Quote from: Angelo on January 06, 2021, 11:52:39 AM
Quote from: trueblue1234 on January 06, 2021, 11:46:37 AM
Quote from: Angelo on January 06, 2021, 11:44:41 AM
Quote from: trueblue1234 on January 06, 2021, 11:40:27 AM
Quote from: Angelo on January 06, 2021, 11:31:56 AM
Quote from: trueblue1234 on January 06, 2021, 11:26:09 AM
Quote from: Angelo on January 06, 2021, 11:15:30 AM
Quote from: trueblue1234 on January 06, 2021, 11:12:09 AM
Quote from: Angelo on January 06, 2021, 11:08:39 AM
Quote from: trueblue1234 on January 06, 2021, 11:03:55 AM
Quote from: Angelo on January 06, 2021, 10:56:07 AM
It's time for Franko to stop running away and answer the question.

How many more failed lockdowns do you want to bring? How many more suicides, job losses, domestic violence incidents do you want to take place before trying something else?

Not to talk for Franko, But just because you say failed lockdowns, doesn't actually make them failed lockdowns. They did exactly what it said on the tin. Reduce covid deaths and reduce pressure on the NHS.

They are failures. They have not worked. They have caused absolute carnage to people's mental health, relationships, support services to vulnerable groupings, the economy, people's livelihoods.

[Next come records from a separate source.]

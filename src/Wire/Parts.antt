-- ===== src/Wire/Parts.antt =====
-- `parse_part` and `parse_content` of src/serialization.cpp on parts that the library does not know or
-- that are malformed.
use gemini_cpp.Base.{
  ℕ, Bool, true, false, List, [], ◌∷◌, ◌++◌, Option, none, some, ◌≡◌, refl, sym, ◌∙◌, ap, arith,
  append_assoc, append-nil, or_value, Option-cases, Bool-cases, inl, inr,
}
use gemini_cpp.Base.Text.{Bytes, codes, equal}
use gemini_cpp.Error.{Result, ok, err, throws, ◌>>=◌, make_error, parse}
use gemini_cpp.Json.{JsonLib}
use gemini_cpp.Types.{Part, text, call, response}
use gemini_cpp.Wire.{
  unsupported, string_at, object_at, string_or, bool_or, parse_call, parse_response, parse_kind,
  parse_part, parse_parts, keep_part,
}

module _ {D : Type 0} (L : JsonLib D) where
  open L use {Json, find, get_bool, is_object}

  abbrev signature_of : Json → Bytes
  signature_of j = string_or L j (codes "thoughtSignature") []

  -- What a well-formed part of a known kind holds: a text with the flag of a thought, a call with a name,
  -- or a response to a call.
  pub data IsPart (j : Json) : Part Json → Type 0 where
    text_part :
        {s : Bytes} {thought : Bool}
        → string_at L j (codes "text") ≡ some s
        → bool_or L j (codes "thought") false ≡ ok thought
        → IsPart j
            (record { value = text s; thought = thought; thought_signature = signature_of j })
    call_part :
        {f : Json} {c : ℕ} {name : Bytes}
        → string_at L j (codes "text") ≡ none
        → object_at L j (codes "functionCall") ≡ some f
        → string_at L f (codes "name") ≡ some (c ∷ name)
        → IsPart j (record {
          value = call (record {
            name = c ∷ name;
            args = or_value (find f (codes "args")) (L.object []);
            id = string_or L f (codes "id") [];
          });
          thought = false;
          thought_signature = signature_of j;
        })
    response_part :
        {r : Json}
        → string_at L j (codes "text") ≡ none
        → object_at L j (codes "functionCall") ≡ none
        → object_at L j (codes "functionResponse") ≡ some r
        → IsPart j (record {
          value = response (record {
            name = string_or L r (codes "name") [];
            response = or_value (find r (codes "response")) (L.object []);
            id = string_or L r (codes "id") [];
          });
          thought = false;
          thought_signature = signature_of j;
        })

  -- No text, no call and no response.
  abbrev IsUnknown : Json → Type 0
  IsUnknown j =
      (string_at L j (codes "text") ≡ none)
      × (object_at L j (codes "functionCall") ≡ none)
      × (object_at L j (codes "functionResponse") ≡ none)

  -- A part that is no object, and a call without a name, with the message of its error.
  pub data IsMalformed (j : Json) : Bytes → Type 0 where
    no_object : is_object j ≡ false → IsMalformed j (codes "part is not an object")
    no_name :
        {f : Json}
        → is_object j ≡ true
        → string_at L j (codes "text") ≡ none
        → object_at L j (codes "functionCall") ≡ some f
        → or_value (string_at L f (codes "name")) [] ≡ []
        → IsMalformed j (codes "functionCall without name")

  -- The parts that are to be kept of a list of JSON values.
  pub data Reads : List Json → List (Part Json) → Type 0 where
    done : Reads [] []
    keep :
        {j : Json} {p : Part Json} {js : List Json} {ps : List (Part Json)}
        → is_object j ≡ true
        → IsPart j p
        → Reads js ps
        → Reads (j ∷ js) (p ∷ ps)
    skip :
        {j : Json} {js : List Json} {ps : List (Part Json)}
        → is_object j ≡ true
        → IsUnknown j
        → Reads js ps
        → Reads (j ∷ js) ps

  parse_part-IsPart :
      {j : Json} {p : Part Json} → is_object j ≡ true → IsPart j p → parse_part L j ≡ ok p
  unfolding parse_part
  parse_part-IsPart o (text_part s t) = rw (o, s, parse_kind) (rw t refl)
  parse_part-IsPart o (call_part s f n) =
      rw (o, s, f, parse_kind, parse_call) (rw (string_or, n) refl)
  parse_part-IsPart o (response_part s f r) = rw (o, s, f, r, parse_kind, parse_response) refl

  parse_part-IsUnknown :
      {j : Json}
      → is_object j ≡ true
      → IsUnknown j
      → parse_part L j ≡ err (make_error parse unsupported)
  unfolding parse_part
  parse_part-IsUnknown o (s, f, r) = rw (o, s, f, r, parse_kind) refl

  parse_part-IsMalformed :
      {j : Json} {m : Bytes} → IsMalformed j m → parse_part L j ≡ err (make_error parse m)
  unfolding parse_part
  parse_part-IsMalformed (no_object o) = rw o refl
  parse_part-IsMalformed (no_name o s f n) =
      rw (o, s, f, parse_kind, parse_call) (rw (string_or, n) refl)

  malformed-known : {j : Json} {m : Bytes} → IsMalformed j m → equal m unsupported ≡ false
  unfolding equal
  malformed-known (no_object o) = refl
  malformed-known (no_name o s f n) = refl

  parse_parts-Reads :
      {js : List Json} {ps : List (Part Json)} (before : List (Part Json)) (rest : List Json)
      → Reads js ps
      → parse_parts L (js ++ rest) before ≡ parse_parts L rest (before ++ ps)
  unfolding parse_parts keep_part equal
  parse_parts-Reads before rest done = rw append-nil
  parse_parts-Reads before rest (keep {p} {ps} o k r) =
      rw (parse_part-IsPart o k, parse_parts)
        (parse_parts-Reads (before ++ p ∷ []) rest r ∙ rw append_assoc)
  parse_parts-Reads before rest (skip o u r) =
      rw (parse_part-IsUnknown o u, parse_parts) (parse_parts-Reads before rest r)

  -- Of a list of parts, objects without a text, a call and a response are skipped, and the texts, the named
  -- calls and the responses are kept in order, with what they hold. If such a list is followed by a part
  -- that is no object or a call without a name, then the whole list is an error with its message.
  pub parse_parts_lem :
      {js : List Json} {ps : List (Part Json)} {m : Bytes} (bad : Json) (rest : List Json)
      → Reads js ps
      → IsMalformed bad m
      → (parse_parts L js [] ≡ ok ps)
        × (parse_parts L (js ++ bad ∷ rest) [] ≡ err (make_error parse m))
  unfolding parse_parts keep_part
  parse_parts_lem {js} bad rest r b = (
    ap (λ t. parse_parts L t []) (sym (append-nil js)) ∙ parse_parts-Reads [] [] r,
    parse_parts-Reads [] (bad ∷ rest) r
        ∙ rw (parse_part-IsMalformed b, parse_parts) (rw (malformed-known b, parse_parts)),
  )

  abbrev FromThought : Json → Bytes → Type 0
  FromThought j w = (v : Json) × (find j (codes "thought") ≡ some v) × (get_bool v ≡ throws w)

  bool_or-throws :
      (j : Json) (f : Bool → Part Json) {w : Bytes}
      → (do b ← bool_or L j (codes "thought") false; ok (f b)) ≡ throws w
      → FromThought j w
  bool_or-throws j f h = elim (Option-cases (find j (codes "thought"))) [
    | inl e ↦ absurd (cc (rw (e, bool_or) at h))
    | inr (v, e) ↦ (v, e, only (get_bool v) (rw (e, bool_or) at h))
  ]
    where
      only : (r : Result Bool) {w : Bytes} → (do b ← r; ok (f b)) ≡ throws w → r ≡ throws w
      only (ok b) h = cc
      only (err e) h = cc
      only (throws x) h = cc

  parse_kind-throws :
      (j : Json) (g : Bytes) (s : Option Bytes) (f r : Option Json) {w : Bytes}
      → parse_kind L j g s f r ≡ throws w
      → FromThought j w
  unfolding parse_kind
  parse_kind-throws j g (some s) f r h = bool_or-throws j _ h
  parse_kind-throws j g none (some f) r h = absurd (ground arith)
  parse_kind-throws j g none none (some r) h = cc
  parse_kind-throws j g none none none h = cc

  -- The only exception of `parse_part` is the one of `get<bool>` on the member "thought".
  pub parse_part-throws :
      (j : Json) {w : Bytes}
      → parse_part L j ≡ throws w
      → (v : Json) × (find j (codes "thought") ≡ some v) × (get_bool v ≡ throws w)
  unfolding parse_part
  parse_part-throws j h = elim (Bool-cases (L.is_object j)) [
    | inl e ↦ parse_kind-throws j _ _ _ _ (rw e at h)
    | inr e ↦ absurd (cc (rw e at h))
  ]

We'll get data somewhere down the line on suicides this year, if they have seen a notable rise in 2020 and you going to have the nerve to come on here and tell us lockdowns worked? They have been utter failures, if they worked we would not have had Lockdown 2.0 and now Lockdown 3.0.

Lockdowns are essentially governments washing their hands of responsibility, it's there way of citing compliance of the people as the failures of health services and proper planning to live with the virus.

They have worked. I can't be bothered arguing this anymore. It's opinion based so the reality is that your not changing your mind on their success and I'm not changing my position and neither will be able to prove anything definitively so we're as well to save time and leave it there.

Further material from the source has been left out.